Dataset entries:
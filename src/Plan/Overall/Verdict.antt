-- ===== src/Plan/Overall/Verdict.antt =====
-- internal/plan/run.go: what Overall says of a list of steps.
use aquila.Base.{
  ◌≡◌, ◌∙◌, Str, Bool, true, false, not, ◌&&◌, ◌||◌, ◌↔◌, inl, inr, List, [], ◌∷◌, any,
  if◌then◌else◌, arith, Bool-cases, str_eq,
}
use aquila.Replay.{verdict_match, verdict_differ, verdict_incomplete}
use aquila.Plan.{StepResult, kind_latency}
use aquila.Plan.Overall.{
  Tally, no_tally, env_failed, is_silent, vote, conclude, overall_from, overall,
}

abbrev pub votes : StepResult → Bool
votes s = not (is_silent s)

abbrev pub is_cut : StepResult → Bool
is_cut s = votes s && str_eq s.verdict verdict_incomplete

abbrev pub is_change : StepResult → Bool
is_change s = votes s && (not (str_eq s.kind kind_latency) && str_eq s.verdict verdict_differ)

abbrev summed : Tally → List StepResult → Tally
summed t steps = record {
  incomplete = t.incomplete || any is_cut steps;
  differ = t.differ || any is_change steps;
  executed = t.executed || any votes steps;
}

conclude-same :
    (t u : Tally)
    → t.incomplete ≡ u.incomplete
    → t.differ ≡ u.differ
    → t.executed ≡ u.executed
    → conclude t ≡ conclude u
unfolding conclude
conclude-same t u a b c = rw (a, b, c)

if_same :
    (x : Str) {a b : Bool} {y z : Str} → a ≡ b → y ≡ z → (if b then x else y) ≡ (if a then x else z)
if_same x p q = rw (p, q)

-- The loop, as tests of the whole list.
overall_from-any :
    (t : Tally) (steps : List StepResult)
    → overall_from t steps
      ≡ (if any env_failed steps then verdict_incomplete else conclude (summed t steps))
unfolding overall_from
overall_from-any t [] = conclude-same t (summed t []) (ground arith) (ground arith) (ground arith)
overall_from-any t (s ∷ steps) = elim (Bool-cases (env_failed s)) [
  | inl f ↦ rw f
  | inr f ↦ elim (Bool-cases (is_silent s)) [
    | inl q ↦
        let e =
          conclude-same (summed t steps) (summed t (s ∷ steps)) (ground arith) (ground arith)
            (ground arith) in
        let ih = overall_from-any t steps in
        let here : overall_from t (s ∷ steps) ≡ overall_from t steps = rw (f, q) in
        let fails : any env_failed (s ∷ steps) ≡ any env_failed steps = rw f in
        here ∙ ih ∙ if_same verdict_incomplete fails e
    | inr q ↦
        let e =
          conclude-same (summed (vote s t) steps) (summed t (s ∷ steps)) (ground arith)
            (ground arith) (ground arith) in
        let ih = overall_from-any (vote s t) steps in
        let here : overall_from t (s ∷ steps) ≡ overall_from (vote s t) steps = rw (f, q) in
        let fails : any env_failed (s ∷ steps) ≡ any env_failed steps = rw f in
        here ∙ ih ∙ if_same verdict_incomplete fails e
  ]
]

-- Overall says match exactly when env has not failed, some step votes, and of those that vote none
-- is incomplete and none but a latency step differs.
pub overall-match :
    (steps : List StepResult)
    → (overall steps ≡ verdict_match) ↔ (
        (any env_failed steps ≡ false)
        × (any votes steps ≡ true)
        × (any is_cut steps ≡ false)
        × (any is_change steps ≡ false))
unfolding overall conclude
overall-match steps =
    let e = overall_from-any no_tally steps in (λ h. ground arith, λ p. ground arith)
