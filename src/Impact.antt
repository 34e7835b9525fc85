-- ===== src/Impact.antt =====
-- internal/impact: what a change touches. The analysis that finds it is not modelled; the route
-- labels that the policy compares are in Routes.
pub mod Routes
pub mod Classes
pub mod Examples
use aquila.Base.{ℤ, Str, codes, List}

-- Changes (files.go).
pub record Changes : Type 0 where
  pub bound : List Str
  pub unanalyzed : List Str

-- RouteAttribution (routes.go).
pub record RouteAttribution : Type 0 where
  pub route : Str
  pub provenance : Str
  pub via : Str

abbrev pub provenance_trace_entry : Str
provenance_trace_entry = codes "trace_entry"

abbrev pub provenance_code_attrs : Str
provenance_code_attrs = codes "code_attrs"

abbrev pub provenance_trace_entry_caller : Str
provenance_trace_entry_caller = codes "trace_entry_caller"

-- RouteTraceCount (routes.go), Finding and Report (analyze.go).
pub record RouteTraceCount : Type 0 where
  pub route : Str
  pub traces : ℤ

pub record Finding : Type 0 where
  pub via : Str
  pub trace_id : Str
  pub span_id : Str
  pub entry_span_id : Str
  pub name : Str
  pub file : Str
  pub source_id : Str
  pub service : Str
  pub path : Str
  pub route : Str
  pub line : ℤ
  pub reason : Str
  pub provenance : Str

pub record Report : Type 0 where
  pub route_trace_counts : List RouteTraceCount
  pub files : List Str
  pub direct : List Finding
  pub likely : List Finding
  pub runtime : List Finding
  pub unobserved : List Finding
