-- ===== src/Plan/Build.antt =====
-- internal/plan/plan.go: the DAG that a report of an impact asks for, and how often its steps repeat.
pub mod Shape
use aquila.Base.{
  ℕ, Str, codes, Bool, true, false, not, ◌&&◌, ◌||◌, Option, none, some, List, [], ◌∷◌, ◌++◌, map,
  any, if◌then◌else◌, is_empty, str_eq, ℤ, pos, ltb_ℤ, leb_ℤ,
}
use aquila.Impact.{Report}
use aquila.Replay.{Run, verdict_incomplete}
use aquila.Replay
use aquila.Replay.Compare.{Decoder, compare}
use aquila.Plan.{
  Step, Dag, kind_env, kind_behavior, kind_latency, kind_concurrency, kind_fault_status,
}

abbrev pub default_latency_n : ℤ
default_latency_n = pos 20

abbrev pub default_concurrency_n : ℤ
default_concurrency_n = pos 8

abbrev pub env_only : List Str
env_only = codes "env" ∷ []

abbrev pub base_steps : List Step
base_steps =
    record {
      id = codes "env";
      kind = kind_env;
      required = true;
      operator = false;
      n = pos 0;
      status = pos 0;
      depends_on = [];
      reason = codes "GET /healthz on baseline and patch; compose is a local shop path";
    }
    ∷ record {
      id = codes "behavior";
      kind = kind_behavior;
      required = true;
      operator = false;
      n = pos 0;
      status = pos 0;
      depends_on = env_only;
      reason = codes "first-run status and json compare";
    }
    ∷ record {
      id = codes "latency";
      kind = kind_latency;
      required = true;
      operator = false;
      n = default_latency_n;
      status = pos 0;
      depends_on = env_only;
      reason = codes "successful-sample median; p95 withheld below 20; no regression threshold";
    }
    ∷ []

abbrev pub runtime_steps : List Step
runtime_steps =
    record {
      id = codes "concurrency";
      kind = kind_concurrency;
      required = true;
      operator = false;
      n = default_concurrency_n;
      status = pos 0;
      depends_on = env_only;
      reason = codes "parallel replay error-rate compare; not a latency threshold";
    }
    ∷ record {
      id = codes "fault_status";
      kind = kind_fault_status;
      required = false;
      operator = false;
      n = pos 0;
      status = pos 502;
      depends_on = env_only;
      reason = codes "one-sided 502 inject on patch via loopback proxy; probe, not a patch verdict";
    }
    ∷ []

abbrev pub first_note : Str
first_note =
    codes
      "not validated until required executable steps succeed on a clean recorded revision. match is not a pass."

-- hasRuntime.
abbrev pub has_runtime : Report → Bool
has_runtime rep = not (is_empty rep.runtime)

abbrev pub is_blank : Report → Bool
is_blank rep =
    is_empty rep.files
    && is_empty rep.direct
    && is_empty rep.likely
    && is_empty rep.runtime
    && is_empty rep.unobserved

-- FromImpact; `none` for its error on an empty impact.
unfoldable pub from_impact : Report → Option Dag
from_impact rep =
    if is_blank rep
    then none
    else some (record {
      steps = if has_runtime rep then base_steps ++ runtime_steps else base_steps;
      notes =
          first_note
          ∷ (if has_runtime rep
              then codes "fault is a one-sided inject probe and does not vote overall"
              else codes "concurrency and fault omitted: no observed runtime path")
          ∷ [];
      module_dir = [];
      test_packages = [];
      health_path = [];
    })

-- WithLatencyN.
unfoldable pub with_latency_n : Dag → ℤ → Dag
with_latency_n dag n = if ltb_ℤ n (pos 1) then dag else record dag {
  steps =
      map (λ (s : Step). if str_eq s.kind kind_latency then record s { n = n } else s) dag.steps;
}

-- WithLocalEnv.
unfoldable pub with_local_env : Dag → Dag
with_local_env dag = record dag {
  steps =
      map
        (λ (s : Step).
          if str_eq s.kind kind_env
          then record s {
            operator = false;
            reason =
                codes
                  "isolated shop pair started by aquila; GET /healthz; traces stay out of the live store";
          }
          else s)
        dag.steps;
}

-- hasKind.
abbrev pub has_kind : Dag → Str → Bool
has_kind dag kind = any (λ (s : Step). str_eq s.kind kind) dag.steps

repeats_from : ℤ → Bool → List Step → ℤ × Bool
repeats_from n need [] = (n, need)
repeats_from n need (s ∷ steps) =
    let skip = repeats_from n need steps in
    let once = repeats_from n true steps in
    let more = repeats_from (if ltb_ℤ n s.n then s.n else n) true steps in
    if s.operator
    then skip
    else if str_eq s.kind kind_behavior
    then once
    else if str_eq s.kind kind_latency
    then more
    else skip

-- replayRepeats.
unfoldable pub replay_repeats : Dag → ℤ × Bool
unfolding repeats_from
replay_repeats dag = repeats_from (pos 1) false dag.steps

burst_from : ℤ → Bool → List Step → ℤ × Bool
burst_from n need [] = (n, need)
burst_from n need (s ∷ steps) =
    let skip = burst_from n need steps in
    let taken = burst_from (if ltb_ℤ (pos 0) s.n then s.n else n) true steps in
    if s.operator || not (str_eq s.kind kind_concurrency) then skip else taken

-- concurrencyN.
unfoldable pub concurrency_n : Dag → ℤ × Bool
unfolding burst_from
concurrency_n dag = burst_from default_concurrency_n false dag.steps

-- compareFirst.
unfoldable pub compare_first : Decoder → List Run → List Run → Replay.Report
compare_first unmarshal [] patch = record { verdict = verdict_incomplete; steps = [] }
compare_first unmarshal (b ∷ base) [] = record { verdict = verdict_incomplete; steps = [] }
compare_first unmarshal (b ∷ base) (p ∷ patch) = compare unmarshal b p
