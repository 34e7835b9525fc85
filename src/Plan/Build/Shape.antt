-- ===== src/Plan/Build/Shape.antt =====
-- internal/plan/plan.go: how often the steps of a DAG are replayed.
use aquila.Base.{
  ◌≡◌, refl, ◌∙◌, Bool, true, false, not, ◌&&◌, ◌||◌, inl, inr, List, [], ◌∷◌, map, any,
  if◌then◌else◌, arith, Bool-cases, str_eq, str_eq→eq, ℤ, pos, negsuc, ltb_ℤ, ◌≤ℤ◌,
}
use aquila.Plan.{Step, Dag, kind_behavior, kind_latency}
use aquila.Plan.Build.{with_latency_n, repeats_from, replay_repeats}

-- A latency step that is no operator's.
abbrev pub samples_latency : Step → Bool
samples_latency s = not s.operator && str_eq s.kind kind_latency

abbrev is_replayed : Step → Bool
is_replayed s = not s.operator && (str_eq s.kind kind_behavior || str_eq s.kind kind_latency)

abbrev renumber : ℤ → Step → Step
renumber n s = if str_eq s.kind kind_latency then record s { n = n } else s

latency_no_behavior :
    (s : Step) → str_eq s.kind kind_latency ≡ true → str_eq s.kind kind_behavior ≡ false
unfolding str_eq
latency_no_behavior s h = rw (str_eq→eq s.kind kind_latency h) refl

no_less : (n : ℤ) → ltb_ℤ n n ≡ false
no_less (pos n) = ground arith
no_less (negsuc n) = ground arith

same_if_not_less : (m n : ℤ) → m ≤ℤ n → ltb_ℤ m n ≡ false → m ≡ n
same_if_not_less (pos m) (pos n) h k = ground arith
same_if_not_less (pos m) (negsuc n) h k = absurd (omega (arith, h))
same_if_not_less (negsuc m) (pos n) h k = absurd (ground arith)
same_if_not_less (negsuc m) (negsuc n) h k = ground arith

samples-replayed :
    (steps : List Step) → any samples_latency steps ≡ true → any is_replayed steps ≡ true
samples-replayed [] h = absurd (ground arith)
samples-replayed (s ∷ steps) h = ground (arith, samples-replayed steps)

module _ (n : ℤ) where
  repeats-renumbered :
      (m : ℤ) (need : Bool) (steps : List Step)
      → m ≤ℤ n
      → repeats_from m need (map (renumber n) steps)
        ≡ ((if any samples_latency steps then n else m), need || any is_replayed steps)
  unfolding repeats_from
  repeats-renumbered m need [] h = ground arith
  repeats-renumbered m need (s ∷ steps) h = elim (Bool-cases (str_eq s.kind kind_latency)) [
    | inr o ↦ elim (Bool-cases s.operator) [
      | inl p ↦ rw (o, p) (repeats-renumbered m need steps h)
      | inr p ↦ elim (Bool-cases (str_eq s.kind kind_behavior)) [
        | inl b ↦ rw (o, p, b) (repeats-renumbered m true steps h ∙ ground arith)
        | inr b ↦ rw (o, p, b) (rw o (repeats-renumbered m need steps h))
      ]
    ]
    | inl l ↦
        let b = latency_no_behavior s l in
        elim (Bool-cases s.operator) [
          | inl p ↦ rw (l, p) (repeats-renumbered m need steps h)
          | inr p ↦ elim (Bool-cases (ltb_ℤ m n)) [
            | inl k ↦
                rw (l, p, b, k)
                  (rw l (repeats-renumbered n true steps (omega arith) ∙ ground arith))
            | inr k ↦
                let e = same_if_not_less m n h k in
                rw (l, p, b, k) (rw l (repeats-renumbered m true steps h ∙ rw e (ground arith)))
          ]
        ]
  ]

-- After WithLatencyN with a count of 1 or more, replayRepeats asks for just that count, if the DAG
-- has a latency step that is no operator's.
pub replay_repeats-with_latency_n :
    (dag : Dag) (n : ℤ)
    → pos 1 ≤ℤ n
    → any samples_latency dag.steps ≡ true
    → replay_repeats (with_latency_n dag n) ≡ (n, true)
unfolding replay_repeats with_latency_n
replay_repeats-with_latency_n dag n h some_step =
    let low : ltb_ℤ n (pos 1) ≡ false = ground arith in
    let replayed = samples-replayed dag.steps some_step in
    rw low (repeats-renumbered n (pos 1) false dag.steps h ∙ rw (some_step, replayed) refl)
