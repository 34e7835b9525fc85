-- ===== src/Plan/Burst.antt =====
-- internal/plan/fault.go: the comparison of the errors of two bursts, and the step that a fault
-- probe sends. The probe itself starts a proxy and is not modelled.
pub mod Errors
use aquila.Base.{
  ℕ, ◌+◌, Str, codes, Bool, true, false, not, ◌&&◌, ◌||◌, List, [], ◌∷◌, ◌++◌, any, count_by,
  length, ltb, ◌==◌, if◌then◌else◌, is_empty, str_eq, to_upper, trim_space, itoa, ℤ, pos, eqb_ℤ,
  leb_ℤ,
}
use aquila.Replay.{Observation, Run, verdict_match, verdict_differ, verdict_incomplete}
use aquila.Replay
use aquila.Plan.{StepResult, kind_concurrency}

abbrev pub is_burst_error : Observation → Bool
is_burst_error s = not (is_empty s.err) || leb_ℤ (pos 500) s.status || eqb_ℤ s.status (pos 0)

-- burstErrors: the errors, and all observations.
unfoldable pub burst_errors : List Run → ℕ × ℕ
burst_errors [] = (0, 0)
burst_errors (r ∷ runs) =
    let rest = burst_errors runs in
    (count_by is_burst_error r.steps + rest.0, length r.steps + rest.1)

abbrev burst_result : Str → List Str → StepResult
burst_result verdict notes = record {
  id = codes "concurrency";
  kind = kind_concurrency;
  verdict = verdict;
  notes = notes;
  latency = [];
  steps = [];
}

abbrev ratio : ℕ → ℕ → Str
ratio e n = itoa (pos e) ++ (b'/' ∷ itoa (pos n))

unfoldable pub compare_counts : ℕ × ℕ → ℕ × ℕ → StepResult
compare_counts (be, bn) (pe, pn) =
    let note = codes "baseline_errors=" ++ ratio be bn ++ (codes " patch_errors=" ++ ratio pe pn) in
    if bn == 0 || pn == 0
    then burst_result verdict_incomplete (codes "no observations" ∷ [])
    else if ltb be pe
    then burst_result verdict_differ (note ∷ codes "patch errors more under concurrency" ∷ [])
    else if ltb pe be
    then burst_result verdict_differ (note ∷ codes "patch errors less under concurrency" ∷ [])
    else burst_result verdict_match (note ∷ [])

-- compareBurst.
unfoldable pub compare_burst : List Run → List Run → StepResult
unfolding compare_counts burst_errors
compare_burst base patch =
    if is_empty base || is_empty patch
    then burst_result verdict_incomplete (codes "no samples" ∷ [])
    else compare_counts (burst_errors base) (burst_errors patch)

abbrev is_safe : Replay.Step → Bool
is_safe s =
    let m = to_upper (trim_space s.method) in
    str_eq m (codes "GET") || str_eq m (codes "HEAD") || str_eq m (codes "OPTIONS")

first_safe : Replay.Step → List Replay.Step → Replay.Step
first_safe d [] = d
first_safe d (s ∷ steps) = let rest = first_safe d steps in if is_safe s then s else rest

-- probeStep.
unfoldable pub probe_step : List Replay.Step → Replay.Step
unfolding first_safe
probe_step [] = record {
  method = codes "GET";
  path = codes "/healthz";
  body = [];
  headers = [];
  provenance = [];
  service = [];
}
probe_step (s ∷ steps) = first_safe s (s ∷ steps)
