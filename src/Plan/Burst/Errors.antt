-- ===== src/Plan/Burst/Errors.antt =====
-- internal/plan/fault.go: when two bursts match.
use aquila.Base.{ℕ, ◌<◌, ◌≡◌, ◌↔◌, List, [], ◌∷◌, arith}
use aquila.Replay.{Run, verdict_match}
use aquila.Plan.Burst.{burst_errors, compare_counts, compare_burst}

counts-match :
    (be bn pe pn : ℕ)
    → ((compare_counts (be, bn) (pe, pn)).verdict ≡ verdict_match)
      ↔ ((0 < bn) × (0 < pn) × (be ≡ pe))
unfolding compare_counts
counts-match be bn pe pn = (λ h. ground arith, λ p. ground arith)

-- compareBurst says match exactly when both bursts hold an observation and as many of the one as of
-- the other are errors.
pub compare_burst-match :
    (base patch : List Run)
    → ((compare_burst base patch).verdict ≡ verdict_match) ↔ (
        (0 < (burst_errors base).1)
        × (0 < (burst_errors patch).1)
        × ((burst_errors base).0 ≡ (burst_errors patch).0))
unfolding compare_burst burst_errors
compare_burst-match [] patch = (λ h. absurd (ground arith), λ p. absurd (omega (arith, p.0)))
compare_burst-match (b ∷ base) [] = (λ h. absurd (ground arith), λ p. absurd (omega (arith, p.1)))
compare_burst-match (b ∷ base) (p ∷ patch) =
    counts-match (burst_errors (b ∷ base)).0 (burst_errors (b ∷ base)).1
      (burst_errors (p ∷ patch)).0 (burst_errors (p ∷ patch)).1
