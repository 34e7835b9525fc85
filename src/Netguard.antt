-- ===== src/Netguard.antt =====
-- internal/netguard/netguard.go: which addresses never receive experiment traffic. The dialer of
-- Transport, which asks Blocked once more, is not modelled.
pub mod Targets
use aquila.Base.{
  ℕ, ◌+◌, ◌*◌, ◌/◌, ◌%◌, ◌^◌, Str, codes, Bool, true, false, not, ◌&&◌, ◌||◌, Option, none, some,
  List, [], ◌∷◌, ◌++◌, reverse, any, ◌==◌, if◌then◌else◌, is_empty, str_eq, to_lower, trim_space,
  has_suffix,
}
use aquila.Url.{Url, UrlPackage, Addr, v4, v6}

-- netip.Addr.Unmap: ::ffff:a.b.c.d is a.b.c.d.
unfoldable pub unmap : Addr → Addr
unmap (v4 a) = v4 a
unmap (v6 a zone) = if a / 2 ^ 32 == 65535 then v4 (a % 2 ^ 32) else v6 a zone

-- The methods of netip.Addr that Blocked calls.
abbrev pub is_link_local_unicast : Addr → Bool
is_link_local_unicast (v4 a) = a / 2 ^ 16 == 169 * 256 + 254
is_link_local_unicast (v6 a zone) = a / 2 ^ 118 == 1018

abbrev pub is_multicast : Addr → Bool
is_multicast (v4 a) = a / 2 ^ 28 == 14
is_multicast (v6 a zone) = a / 2 ^ 120 == 255

abbrev pub is_link_local_multicast : Addr → Bool
is_link_local_multicast (v4 a) = a / 2 ^ 8 == 224 * 65536
is_link_local_multicast (v6 a zone) = a / 2 ^ 120 == 255 && (a / 2 ^ 112) % 16 == 2

abbrev pub is_interface_local_multicast : Addr → Bool
is_interface_local_multicast (v4 a) = false
is_interface_local_multicast (v6 a zone) = a / 2 ^ 120 == 255 && (a / 2 ^ 112) % 16 == 1

abbrev pub is_unspecified : Addr → Bool
is_unspecified (v4 a) = a == 0
is_unspecified (v6 a zone) = a == 0 && is_empty zone

-- Blocked.
unfoldable pub blocked : Addr → Bool
unfolding unmap
blocked addr =
    let a = unmap addr in
    is_link_local_unicast a
    || is_link_local_multicast a
    || is_multicast a
    || is_unspecified a
    || is_interface_local_multicast a

abbrev pub blocked_hosts : List Str
blocked_hosts = codes "metadata" ∷ codes "metadata.google.internal" ∷ codes "metadata.goog" ∷ []

drop_first : Str → Str
drop_first [] = []
drop_first (c ∷ s) = s

-- strings.TrimSuffix(s, ".").
pub trim_dot : Str → Str
unfolding drop_first
trim_dot s = if has_suffix s (codes ".") then reverse (drop_first (reverse s)) else s

abbrev pub err_blocked : Str
err_blocked = codes "netguard: address is not an experiment target"

abbrev blocked_literal : Option Addr → Bool
blocked_literal none = false
blocked_literal (some a) = blocked a

module _ (urls : UrlPackage) where
  check_host : Str → Option Str
  check_host host =
      if is_empty host
      then some (codes "netguard: target missing host")
      else if any (λ h. str_eq h host) blocked_hosts || blocked_literal (urls.parse_addr host)
      then some err_blocked
      else none

  check_parsed : Url → Option Str
  unfolding check_host trim_dot
  check_parsed u =
      if not (str_eq u.scheme (codes "http")) && not (str_eq u.scheme (codes "https"))
      then some (codes "netguard: target must be http or https")
      else if u.has_user
      then some (codes "netguard: target must not include userinfo")
      else check_host (to_lower (trim_dot (urls.hostname u)))

  -- CheckURL: the text of its error, if it returns one.
  unfoldable pub check_url : Str → Option Str
  unfolding check_parsed
  check_url raw = elim (urls.parse (trim_space raw)) [
    | none ↦ some (codes "netguard: parse")
    | some u ↦ check_parsed u
  ]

• HOW TO COMPLETE THIS TASK: Print, from the entries above, the line with "-- compareBurst says", the line with "compare_burst-match [] patch" and all lines between them, exactly and with nothing else.

• FINAL ANSWER:
-- compareBurst says match exactly when both bursts hold an observation and as many of the one as of
-- the other are errors.
pub compare_burst-match :
    (base patch : List Run)
    → ((compare_burst base patch).verdict ≡ verdict_match) ↔ (
        (0 < (burst_errors base).1)
        × (0 < (burst_errors patch).1)
        × ((burst_errors base).0 ≡ (burst_errors patch).0))
unfolding compare_burst burst_errors
compare_burst-match [] patch = (λ h. absurd (ground arith), λ p. absurd (omega (arith, p.0)))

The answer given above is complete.